| Aim of the task |
Below are the records; copy every line in them that holds the string "space".

- - -

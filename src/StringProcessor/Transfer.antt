-- ===== src/StringProcessor/Transfer.antt =====
-- A write of a message and the reads that follow: procfs_write_callback and procfs_read_callback.
use embedded_basecamp.Prelude.{
  ℕ, zero, suc, ◌+◌, ◌-◌, ◌^◌, ◌%◌, ◌≤◌, ◌≡◌, refl, ap, ◌∙◌, true, false, some, List, [], ◌∷◌, ◌++◌,
  arith, length, get_elem?, take, drop, map, mem, ltb, Bool-cases, inl, inr, append_assoc,
  length-append, if◌then◌else◌,
}
use embedded_basecamp.Bytes.{
  write_all, read_at, laid, write_at-laid, write_all-laid, c_string-append, read_at-append,
  drop-cons, length-snoc, read_at_nothing,
}
use embedded_basecamp.StringProcessor.{
  ConversionMode, none_conversion, flip, uppercase, buffer_size,
}
use embedded_basecamp.StringProcessor.Convert.{
  space, reverse_string_words, isdigit, to_write, upper_source, to_upper_string,
  copy_string_to_output,
}
use embedded_basecamp.StringProcessor.Device.{
  Converter, unread, procfs_read_callback, convert, procfs_write_callback,
}
use embedded_basecamp.StringProcessor.Buffers.{convert-length}
use embedded_basecamp.StringProcessor.Words.{flipped, length-flipped, reverse_source-flipped}

-- What a mode makes of a text.
abbrev pub converted : (ℕ → ℕ) → ConversionMode → List ℕ → List ℕ
converted toupper none_conversion s = s
converted toupper flip s = flipped s
converted toupper uppercase s = map toupper s

pub length-map : (f : ℕ → ℕ) (s : List ℕ) → length (map f s) ≡ length s
length-map f [] = refl
length-map f (c ∷ s) = ap suc (length-map f s)

pub length-converted :
    (toupper : ℕ → ℕ) (mode : ConversionMode) (s : List ℕ)
    → length (converted toupper mode s) ≡ length s
length-converted toupper none_conversion s = refl
length-converted toupper flip s = length-flipped s
length-converted toupper uppercase s = length-map toupper s

pub take_whole : (s : List ℕ) → take (length s) s ≡ s
take_whole [] = refl
take_whole (c ∷ s) = ap (λ cs. c ∷ cs) (take_whole s)

-- The bytes of a buffer from a known one on.
pub drop-get : (n v : ℕ) (b : List ℕ) → get_elem? b n ≡ some v → drop n b ≡ v ∷ drop (suc n) b
drop-get n v [] h = cc
drop-get zero v (x ∷ b) h = ground arith
drop-get (suc n) v (x ∷ b) h = drop-get n v b h

module _ (toupper : ℕ → ℕ) (digits : (c : ℕ) → isdigit c ≡ true → toupper c ≡ c) where
  map-to_write : (s : List ℕ) → map (to_write toupper) s ≡ map toupper s
  map-to_write [] = refl
  map-to_write (c ∷ s) = elim (Bool-cases (isdigit c)) [
    | inl h ↦ rw (h, digits c h, map-to_write s) refl
    | inr h ↦ rw (h, map-to_write s) refl
  ]

  -- The 0 goes behind the byte that follows the text, which stays.
  upper_source-laid :
      (s b : List ℕ)
      → length s + 2 ≤ length b
      → length s + 1 ≤ buffer_size
      → (y : ℕ) × (upper_source toupper s b ≡ some (laid (map toupper s ++ y ∷ 0 ∷ []) b))
  upper_source-laid s b h k =
      let cs = map toupper s in
      let n = length-map toupper s in
      let (y, eq) = drop-cons (length cs) b (omega arith) in
      let small : ltb buffer_size (length s + 1) ≡ false = ground arith in
      let run : write_all cs 0 b ≡ some (laid cs b) = write_all-laid cs [] b (omega arith) in
      let zs = cs ++ y ∷ [] in
      let at : length s + 1 ≡ length zs = omega (arith, length-snoc cs y) in
      let same : laid cs b ≡ laid zs b =
        rw (length-snoc cs y, append_assoc cs (y ∷ [])) (ap (λ ds. cs ++ ds) eq) in
      (
        y,
        rw
            (
              small,
              map-to_write s,
              run,
              same,
              at,
              write_at-laid zs b 0 (omega (arith, length-snoc cs y)),
            )
            (rw (append_assoc cs (y ∷ []) (0 ∷ [])) refl),
      )

  -- A conversion of a message with a 0 behind it leaves the converted text at the front of the output.
  pub convert-converted :
      (d : Converter) (s rest : List ℕ)
      → d.proc_buffer_in ≡ s ++ 0 ∷ rest
      → mem 0 s ≡ false
      → length s + 2 ≤ length d.proc_buffer_out
      → length s + 1 ≤ buffer_size
      → d.processing ≡ true
      → (mode : ConversionMode)
      → (after : List ℕ) × (convert toupper mode d ≡ some (converted toupper mode s ++ after))
  unfolding convert copy_string_to_output reverse_string_words to_upper_string
  convert-converted d s rest e z h k p none_conversion =
      let b = d.proc_buffer_out in
      let run = write_all-laid (s ++ 0 ∷ []) [] b (omega (arith, length-snoc s 0)) in
      let after : List ℕ = 0 ∷ drop (length (s ++ 0 ∷ [])) b in
      (after, rw (e, c_string-append s rest z) run ∙ ap some (append_assoc s (0 ∷ []) _))
  convert-converted d s rest e z h k p flip =
      let b = d.proc_buffer_out in
      let run = reverse_source-flipped s b h k in
      let after : List ℕ = space ∷ 0 ∷ drop (length (flipped s ++ space ∷ 0 ∷ [])) b in
      (
        after,
        rw (e, c_string-append s rest z, p) run
            ∙ ap some (append_assoc (flipped s) (space ∷ 0 ∷ []) _),
      )
  convert-converted d s rest e z h k p uppercase =
      let b = d.proc_buffer_out in
      let (y, run) = upper_source-laid s b h k in
      let after : List ℕ = y ∷ 0 ∷ drop (length (map toupper s ++ y ∷ 0 ∷ [])) b in
      (
        after,
        rw (e, c_string-append s rest z) run
            ∙ ap some (append_assoc (map toupper s) (y ∷ 0 ∷ []) _),
      )

  -- The message is short of the buffers, with a 0 in proc_buffer_in behind it.
  pub record Fits (s : List ℕ) (d : Converter) : Type 0 where
    pub no_zero : mem 0 s ≡ false
    pub short : length s + 2 ≤ buffer_size
    pub zero_behind : get_elem? d.proc_buffer_in (length s) ≡ some 0
    pub room : length d.proc_buffer_out ≡ buffer_size
    pub allocated : d.processing ≡ true

  abbrev pub written : Converter → List ℕ → List ℕ → Converter
  written d s out = record d {
    proc_buffer_in = laid s d.proc_buffer_in;
    proc_buffer_out = out;
    proc_msg_length = length s;
    proc_msg_read_pos = 0;
  }

  write_whole :
      (d : Converter) (s : List ℕ)
      → Fits s d
      → (after : List ℕ) × (procfs_write_callback toupper s 0 d
          ≡ some (length s, written d s (converted toupper d.active_conversion_mode s ++ after)))
        × (length (converted toupper d.active_conversion_mode s ++ after)
            ≡ length d.proc_buffer_out)
  unfolding procfs_write_callback
  write_whole d s fits =
      let d1 = record (written d s d.proc_buffer_out) { proc_msg_length = length s } in
      let behind = drop-get (length s) 0 d.proc_buffer_in fits.zero_behind in
      let (after, run) =
        convert-converted d1 s (drop (suc (length s)) d.proc_buffer_in) (ap (λ cs. s ++ cs) behind)
          fits.no_zero (omega (arith, fits.short, fits.room)) (omega (arith, fits.short))
          fits.allocated d.active_conversion_mode in
      let n : (if ltb buffer_size (length s) then buffer_size else length s) - 0 ≡ length s =
        ground (arith, fits.short) in
      (
        after,
        rw (n, take_whole s, run) refl,
        convert-length toupper d.active_conversion_mode d1 _ run,
      )

  read_result :
      (d : Converter) (n m : ℕ) (bytes : List ℕ)
      → (if ltb (unread d) n then unread d else n) ≡ m
      → read_at d.proc_buffer_out d.proc_msg_read_pos m ≡ some bytes
      → d.proc_msg_read_pos + m ≤ buffer_size
      → procfs_read_callback n 0 d
        ≡ some (m, bytes, record d { proc_msg_read_pos = d.proc_msg_read_pos + m })
  unfolding procfs_read_callback
  read_result d n m bytes e run small =
      let whole : (if ltb (unread d) n then unread d else n) - 0 ≡ m = omega arith in
      let pos : (d.proc_msg_read_pos + m) % 2 ^ 64 ≡ d.proc_msg_read_pos + m = grind arith in
      rw (whole, run, pos) refl

  at_end :
      (d : Converter) (n : ℕ)
      → (if ltb (unread d) n then unread d else n) ≡ 0
      → d.proc_msg_read_pos ≤ length d.proc_buffer_out
      → d.proc_msg_read_pos ≤ buffer_size
      → procfs_read_callback n 0 d ≡ some (0, [], d)
  at_end d n e h k =
      let here : d.proc_msg_read_pos + 0 ≡ d.proc_msg_read_pos = omega arith in
      let run =
        read_result d n 0 [] e (read_at_nothing d.proc_msg_read_pos d.proc_buffer_out h)
          (omega arith) in
      rw here at run

  -- The write and the read, with the state that they leave.
  pub write-read :
      (d : Converter) (s : List ℕ) (n : ℕ)
      → Fits s d
      → length s ≤ n
      → (after : List ℕ) × (procfs_write_callback toupper s 0 d
          ≡ some (length s, written d s (converted toupper d.active_conversion_mode s ++ after)))
        × (procfs_read_callback n 0
              (written d s (converted toupper d.active_conversion_mode s ++ after))
            ≡ some (
              length s,
              converted toupper d.active_conversion_mode s,
              record (written d s (converted toupper d.active_conversion_mode s ++ after)) {
                proc_msg_read_pos = 0 + length s;
              },
            ))
        × (length (converted toupper d.active_conversion_mode s ++ after)
            ≡ length d.proc_buffer_out)
  write-read d s n fits h =
      let (after, run, size) = write_whole d s fits in
      let text = converted toupper d.active_conversion_mode s in
      let len = length-converted toupper d.active_conversion_mode s in
      let d1 = written d s (text ++ after) in
      let all : (if ltb (unread d1) n then unread d1 else n) ≡ length s =
        ground (arith, fits.short) in
      let bytes : read_at (text ++ after) 0 (length s) ≡ some text =
        rw (← len) (read_at-append text after) in
      (after, run, read_result d1 n (length s) text all bytes (omega (arith, fits.short)), size)

  -- A short message without a 0 byte, written as a whole into a buffer with a 0 behind it: the write reports the
  -- length, the next read with enough room gets the message converted by the mode, with no byte more
  -- or less, and the read after that gets nothing.
  pub procfs_write_callback-read :
      (d : Converter) (s : List ℕ) (n : ℕ)
      → Fits s d
      → length s ≤ n
      → (d1 : Converter) × (d2 : Converter) × (procfs_write_callback toupper s 0 d
          ≡ some (length s, d1))
        × (procfs_read_callback n 0 d1
            ≡ some (length s, converted toupper d.active_conversion_mode s, d2))
        × (procfs_read_callback n 0 d2 ≡ some (0, [], d2))
  procfs_write_callback-read d s n fits h =
      let (after, run, bytes, size) = write-read d s n fits h in
      let text = converted toupper d.active_conversion_mode s in
      let len = length-converted toupper d.active_conversion_mode s in
      let d1 = written d s (text ++ after) in
      let d2 = record d1 { proc_msg_read_pos = 0 + length s } in
      let rest : (if ltb (unread d2) n then unread d2 else n) ≡ 0 = ground (arith, fits.short) in
      (
        d1,
        d2,
        run,
        bytes,
        at_end d2 n rest (omega (arith, length-append text after)) (omega (arith, fits.short)),
      )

- - -

| Answer section |
  space, reverse_string_words, isdigit, to_write, upper_source, to_upper_string,
      let after : List ℕ = space ∷ 0 ∷ drop (length (flipped s ++ space ∷ 0 ∷ [])) b in
            ∙ ap some (append_assoc (flipped s) (space ∷ 0 ∷ []) _),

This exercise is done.